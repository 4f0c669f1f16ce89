-- ===== src/Core/Connect/Fuel.antt =====
-- `connect` ends: each round of its loop frees a wire.
use inet_forth.Net.{Value, wire, Wire, Heap, load, wire_destroy}
use mathlib.Core.Path.{fun_ext}
use native.Mathlib.Numerals.{add-one}
use inet_forth.Core.{Program}
use inet_forth.Core.Connect.{
  Ends, active, fuzed, impossible, ends, connect_active_pair, connect_loop, connect,
}
use inet_forth.Base.{
  ==_refl, Bool-cases, Option, Option-cases, ap, arith, err, if◌then◌else◌, inl, inr, is_some, ltb,
  none, ok, out_of_fuel, refl, some, suc, sym, update, zero, ℕ, ◌+◌, ◌<◌, ◌∙◌, ◌≡◌, ◌≢◌, ◌≤◌,
}

-- No wire lives at an address that `wire_new` has not given out.
abbrev pub WiresBelow : Heap → Type 0
WiresBelow h = (w : ℕ) → h.next_wire ≤ w → h.wires w ≡ none

-- The number of live wires at the addresses below `n`.
live : (ℕ → Option Wire) → ℕ → ℕ
live ws zero = 0
live ws (suc n) = live ws n + (if is_some (ws n) then 1 else 0)

live-le : (ws : ℕ → Option Wire) (n : ℕ) → live ws n ≤ n
unfolding live
live-le ws zero = omega arith
live-le ws (suc n) = ground (arith, live-le ws n)

live-update_of_le :
    (ws : ℕ → Option Wire) (n w : ℕ) (c : Option Wire) → n ≤ w → live (update ws w c) n ≡ live ws n
unfolding live
live-update_of_le ws zero w c h = refl
live-update_of_le ws (suc n) w c h = ground (arith, live-update_of_le ws n w c)

live-destroy :
    (ws : ℕ → Option Wire) (n w : ℕ) (c : Wire)
    → w < n
    → ws w ≡ some c
    → live (update ws w none) n + 1 ≡ live ws n
unfolding live
live-destroy ws zero w c h e = absurd (omega arith)
live-destroy ws (suc n) w c h e =
    ground (arith, live-destroy ws n w c, live-update_of_le ws n w none)

active-ne_out_of_fuel :
    (p : Program) (h : Heap) (l r : ℕ) → connect_active_pair p h l r ≢ err out_of_fuel
unfolding connect_active_pair
active-ne_out_of_fuel p h l r = ground arith

destroy-WiresBelow : (h : Heap) (w : ℕ) → WiresBelow h → WiresBelow (wire_destroy h w)
unfolding wire_destroy
destroy-WiresBelow h w b x le = ground (arith, b x)

destroy-live :
    (h : Heap) (w : ℕ) (c : Wire)
    → WiresBelow h
    → h.wires w ≡ some c
    → (f : ℕ) → live h.wires h.next_wire < suc f
    → live (wire_destroy h w).wires (wire_destroy h w).next_wire < f
unfolding wire_destroy
destroy-live h w c b alive f lt = elim (Bool-cases (ltb w h.next_wire)) [
  | inl below ↦ omega (arith, live-destroy h.wires h.next_wire w c (ground arith) alive)
  | inr above ↦ ground (arith, b w)
]

fuze-ne_out_of_fuel :
    (f : ℕ) (p : Program) (h : Heap) (w : ℕ) (v : Value)
    → ((u : Value) (c : Wire)
        → h.wires w ≡ some c
        → connect_loop f p (wire_destroy h w) (ends u v) ≢ err out_of_fuel)
    → connect_loop (suc f) p h (fuzed w v) ≢ err out_of_fuel
unfolding connect_loop
fuze-ne_out_of_fuel f p h w v again = elim (Option-cases (h.wires w)) [
  | inl dead ↦ rw (dead, load) (λ e. cc)
  | inr (c, alive) ↦ elim (Option-cases c.fuzed_value) [
    | inl first ↦ rw (alive, load, first) (λ e. cc)
    | inr (u, second) ↦ rw (alive, load, second) (again u c alive)
  ]
]

connect_loop-ne_out_of_fuel :
    (f : ℕ) (p : Program) (h : Heap) (e : Ends)
    → WiresBelow h
    → live h.wires h.next_wire < f
    → connect_loop f p h e ≢ err out_of_fuel
unfolding connect_loop
connect_loop-ne_out_of_fuel zero p h e b lt = absurd (omega arith)
connect_loop-ne_out_of_fuel (suc f) p h (active l r) b lt = active-ne_out_of_fuel p h l r
connect_loop-ne_out_of_fuel (suc f) p h impossible b lt = λ e. cc
connect_loop-ne_out_of_fuel (suc f) p h (fuzed w v) b lt =
    fuze-ne_out_of_fuel f p h w v λ u c alive.
      connect_loop-ne_out_of_fuel f p (wire_destroy h w) (ends u v) (destroy-WiresBelow h w b)
        (destroy-live h w c b alive f lt)

-- `connect` always comes to an end: on a heap where `wire_new` gave out every live wire, the chain
-- of wires that it follows is shorter than the fuel that the model gives it.
pub connect-ne_out_of_fuel :
    (p : Program) (h : Heap) (left right : Value)
    → WiresBelow h
    → connect p h left right ≢ err out_of_fuel
unfolding connect
connect-ne_out_of_fuel p h left right b = rw add-one (
    connect_loop-ne_out_of_fuel (suc h.next_wire) p h (ends left right) b
      (omega (arith, live-le h.wires h.next_wire)))

-- More fuel than enough changes nothing.
connect_loop_more :
    (f : ℕ) (p : Program) (h : Heap) (e : Ends)
    → connect_loop f p h e ≢ err out_of_fuel
    → connect_loop (suc f) p h e ≡ connect_loop f p h e
unfolding connect_loop
connect_loop_more zero p h e n = absurd (n refl)
connect_loop_more (suc f) p h (active l r) n = refl
connect_loop_more (suc f) p h impossible n = refl
connect_loop_more (suc f) p h (fuzed w v) n = elim (Option-cases (h.wires w)) [
  | inl dead ↦ rw (dead, load)
  | inr (c, alive) ↦ elim (Option-cases c.fuzed_value) [
    | inl first ↦ rw (alive, load, first)
    | inr (u, second) ↦
        rw (alive, load, second)
          (connect_loop_more f p (wire_destroy h w) (ends u v) (rw (alive, load, second) at n))
  ]
]

abbrev fuzed_with : Heap → ℕ → Value → Heap
fuzed_with h w a = record h { wires = update h.wires w (some (record { fuzed_value = some a })) }

-- The wire is gone, whatever it held.
destroy-fuzed :
    (h : Heap) (w : ℕ) (a : Value) → wire_destroy (fuzed_with h w a) w ≡ wire_destroy h w
unfolding wire_destroy
destroy-fuzed h w a =
    ap (λ (ws : ℕ → Option Wire). record h { wires = ws }) (fun_ext λ q. ground arith)

first_end :
    (f : ℕ) (p : Program) (h : Heap) (w : ℕ) (a : Value)
    → h.wires w ≡ some (record { fuzed_value = none })
    → connect_loop (suc f) p h (fuzed w a) ≡ ok (none, fuzed_with h w a)
unfolding connect_loop
first_end f p h w a fresh = rw (fresh, load)

second_end :
    (f : ℕ) (p : Program) (h : Heap) (w : ℕ) (a b : Value)
    → connect_loop (suc f) p (fuzed_with h w a) (fuzed w b)
      ≡ connect_loop f p (wire_destroy h w) (ends a b)
unfolding connect_loop
second_end f p h w a b =
    rw (==_refl w, load) (ap (λ g. connect_loop f p g (ends a b)) (destroy-fuzed h w a))

-- A new wire whose two ends are joined to two values is freed and joins these values: the result of
-- its second connection is that of connecting the two values on the heap without the wire.
pub connect_both_ends :
    (p : Program) (h : Heap) (w : ℕ) (a b : Value)
    → WiresBelow h
    → h.wires w ≡ some (record { fuzed_value = none })
    → (g : Heap) × (connect p h (wire w) a ≡ ok (none, g))
      × (connect p g (wire w) b ≡ connect p (wire_destroy h w) a b)
unfolding connect wire_destroy ends
connect_both_ends p h w a b below fresh = (
  fuzed_with h w a,
  rw add-one (first_end h.next_wire p h w a fresh),
  rw add-one (
      second_end h.next_wire p h w a b
      ∙ sym (
          connect_loop_more h.next_wire p (wire_destroy h w) (ends a b) (
            connect_loop-ne_out_of_fuel h.next_wire p (wire_destroy h w) (ends a b)
              (destroy-WiresBelow h w below)
              (destroy-live h w (record { fuzed_value = none }) below fresh h.next_wire
                (omega (arith, live-le h.wires h.next_wire)))))),
)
□ □ □ □ □
• **Task prompt**
Copy out each line of the listing where the string "record" appears.

• **Response for this exercise**
fuzed_with h w a = record h { wires = update h.wires w (some (record { fuzed_value = some a })) }
    ap (λ (ws : ℕ → Option Wire). record h { wires = ws }) (fun_ext λ q. ground arith)
    → h.wires w ≡ some (record { fuzed_value = none })
    → h.wires w ≡ some (record { fuzed_value = none })
              (destroy-live h w (record { fuzed_value = none }) below fresh h.next_wire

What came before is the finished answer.